Friday, April 27, 2018

Thermodynamics: Earth Energy Budget


Thanks to recent meet-ups with Terry Bristol, I've been diving more deeply into the history behind thermodynamics than ever before. He's steeped in the stuff way more than I'll ever be though, as he's been combing the Carnots, Maupertuis , for the beginnings of quantum mechanics.  The link is through the Principle of Least Action.

The concept of "waste energy" or "energy no longer available to do work" is what gets us some focus. When did this idea arise and how does it relate to "entropy" in grammatical English, equation-free?

The picture of the Earth energy budget I'm getting, from many sources superimposed, is of higher food-like frequencies coming directly from fusion (the uphill battle to heavier elements), and lower elimination-like frequencies boiling off, evaporating back into space (metaphorically speaking).

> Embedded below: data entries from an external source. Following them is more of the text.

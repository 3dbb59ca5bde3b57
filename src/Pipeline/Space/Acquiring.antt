-- ===== src/Pipeline/Space/Acquiring.antt =====
-- The space of the scheduler's queues across `GetNext`, `Release` and the locked body of `Acquire` of
-- src/ChannelImpl.cpp.
use pipert.Base.{ℕ, ◌≡◌, sym, subst, inl, inr, Bool-cases, Bool, Option, some, arith, bind-some}
use pipert.Timer.{Time}
use pipert.SteadyHeap.{empty}
use pipert.Channel.{release, take_free}
use pipert.Channel.Shape.{take_free-SameShape, release-SameShape}
use pipert.Pipeline.{
  Pipeline, put_channel, pop_next, found_packet, get_next, release_packet, take_packet,
}
use pipert.Pipeline.Space.{SameRoom, SameRoom-refl, put_channel-SameRoom}
use pipert.Pipeline.Space.Moving.{pop_next-SameRoom}

pub release_packet-SameRoom :
    (p p' : Pipeline) (c packet : ℕ) (now : Time) (dropping_packet : Bool)
    → release_packet p c packet now dropping_packet ≡ some p'
    → SameRoom p p'
unfolding release_packet
release_packet-SameRoom p p' c packet now dropping_packet e =
    let (ch, f, g) =
      bind-some (release (p.channel c) packet now dropping_packet) (λ ch. some (put_channel p c ch))
        p' e in
    let same : p' ≡ put_channel p c ch = ground (arith, g) in
    subst (SameRoom p) (sym same) (
      put_channel-SameRoom p c ch (release-SameShape (p.channel c) ch packet now dropping_packet f))

pub get_next-SameRoom :
    (p p' : Pipeline) (c : ℕ) (now : Time) (dropping_packet : Bool) (packet : Option ℕ)
    → get_next p c now dropping_packet ≡ some (packet, p')
    → SameRoom p p'
unfolding get_next found_packet
get_next-SameRoom p p' c now dropping_packet packet e =
    elim (Bool-cases (empty (p.channel c).queued_packets)) [
      | inl f ↦
          let same : p' ≡ p = ground (arith, rw f at e) in
          subst (SameRoom p) (sym same) (SameRoom-refl p)
      | inr f ↦
          let ((x, q), g, h) =
            bind-some (pop_next p c now dropping_packet) (λ r. some (found_packet r)) (packet, p')
              (rw f at e) in
          let same : p' ≡ q = ground (arith, h) in
          subst (SameRoom p) (sym same) (pop_next-SameRoom p q c x now dropping_packet g)
    ]

pub take_packet-SameRoom : (p : Pipeline) (c : ℕ) → SameRoom p (take_packet p c).1
unfolding take_packet
take_packet-SameRoom p c =
    put_channel-SameRoom p c (take_free (p.channel c)).1 (take_free-SameShape (p.channel c))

Earth can't afford to impound wattage at a significantly higher rate than it discharges.  This would mean a growing disequilibrium and stresses beyond what we measure, climate change notwithstanding. In some grand calculus, well-illustrated using Markov diagrams, the total in equals the total out.

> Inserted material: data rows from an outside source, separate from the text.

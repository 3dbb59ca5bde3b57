-- ===== src/Pipeline/Tests.antt =====
-- Runs of the methods of src/ChannelImpl.cpp on the channel of Pipeline/Example.
use pipert.Base.{ℕ, ◌≡◌, refl, true, false, [], Option, some, arith, count}
use pipert.Channel.{new_channel}
use pipert.Pipeline.{Pipeline, store, push, acquire, get_next}
use pipert.Pipeline.Consistent.{IsConsistent, SameFlags}
use pipert.Pipeline.Pushing.{Pushed, push_consistent}
use pipert.Pipeline.Retrieval.{Retrieved, get_next_oldest}
use pipert.Pipeline.Acquiring.{Acquired, acquire_total}
use pipert.Pipeline.Starting.{create_channel, create_channel-IsConsistent}
use pipert.Pipeline.Example.{
  one_held, one_queued, nobody, one_held-IsConsistent, one_queued-IsConsistent,
}

create_channel-IsConsistent_example :
    (p' : Pipeline) × (create_channel one_queued 1 (new_channel [] 3 16 7 true) ≡ some p')
    × IsConsistent p' nobody
    × (p'.scheduler.running ≡ false)
    × (p'.channel ≡ store one_queued.channel 1 (new_channel [] 3 16 7 true))
    × SameFlags one_queued p'
unfolding new_channel
create_channel-IsConsistent_example =
    create_channel-IsConsistent one_queued nobody 1 [] 3 16 7 true one_queued-IsConsistent refl refl
      refl (omega arith)

push_consistent_example :
    (p' : Pipeline) × (push one_held 0 0 9 ≡ some p') × Pushed one_held nobody 0 0 [] p'
push_consistent_example =
    push_consistent one_held nobody 0 0 [] 9 one_held-IsConsistent (omega arith) (omega arith)
      (omega arith)

acquire_total_example :
    (r : Option ℕ) × (p' : Pipeline) × (acquire one_queued 0 9 ≡ some (r, p'))
    × Acquired one_queued nobody 0 9 r p'
acquire_total_example = acquire_total one_queued nobody 0 9 one_queued-IsConsistent

get_next_oldest_example :
    (r : Option ℕ) × (p' : Pipeline) × (get_next one_queued 0 9 false ≡ some (r, p'))
    × Retrieved one_queued nobody 0 9 r p'
unfolding count
get_next_oldest_example =
    get_next_oldest one_queued nobody 0 one_queued-IsConsistent 9 (λ x h. ground arith)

You probably see how these core concepts all relate.  There's a sense in which Earthian "muscle mass" is increasing in the form of humans and their cities.  Leaving aside any judgement on what specifically constitutes healthy growth, there's an energy price to pay for everything physical.  So if the "muscle mass" is growing, is this reflective of some net income?

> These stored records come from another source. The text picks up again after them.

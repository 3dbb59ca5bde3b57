-- ===== src/ProfileData/Tests.antt =====
-- One call on the channel of Example.antt.
use pipert.Base.{arith}
use pipert.LogAggregate.Example.{shifted}
use pipert.ProfileData.{begin_round}
use pipert.ProfileData.Gathering.{Readable}
use pipert.ProfileData.Calling.{Called, gather_n_serialize-Called}
use pipert.ProfileData.Example.{little_endian, names, channel_data, read_at}

gather_n_serialize-Called_example :
    Called shifted little_endian names read_at 128 channel_data (begin_round names channel_data)
gather_n_serialize-Called_example =
    gather_n_serialize-Called shifted little_endian names read_at 128 channel_data (omega arith)
      (unfold Readable begin_round in (omega arith, omega arith, (omega arith, omega arith, tt)))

Information theory enters in, as a human organism is nothing more than rearranged atoms mostly already present in the ecosystem.  Some new material falls in from space every day, just as ionized particles leak away.  Very slow changes in total mass, spin rate, surface temperature, gas makeup, are the focus of many astronomers today, with respect to the other planets.

I think an average human, such as myself, will relate to the personal organism's experience of eating food, but not getting food value from waste products.  Working hard on a project and finding it returns no value, has the feeling of "wasted work" as in "this was my time down the drain".  But that's also what we call a learning experience, given the scientific mindset that feedback is always valuable.

These comforting reminders don't erase the fact that we're sensitive to "waste" as a form of energy we may produce and have too much of.  Engineers ask themselves how to optimize their time, meaning maximize useful output.

The personal credit wheels model I developed for GST consists of two pie charts, the diameter of which may be adjusted.  The charts segment ones source's of energy income versus one's investments in the future, another way of "putting it in the bank".  Walking to the grocery store to get more food is an investment of calories.  It takes work to do work, even if that work is playing games.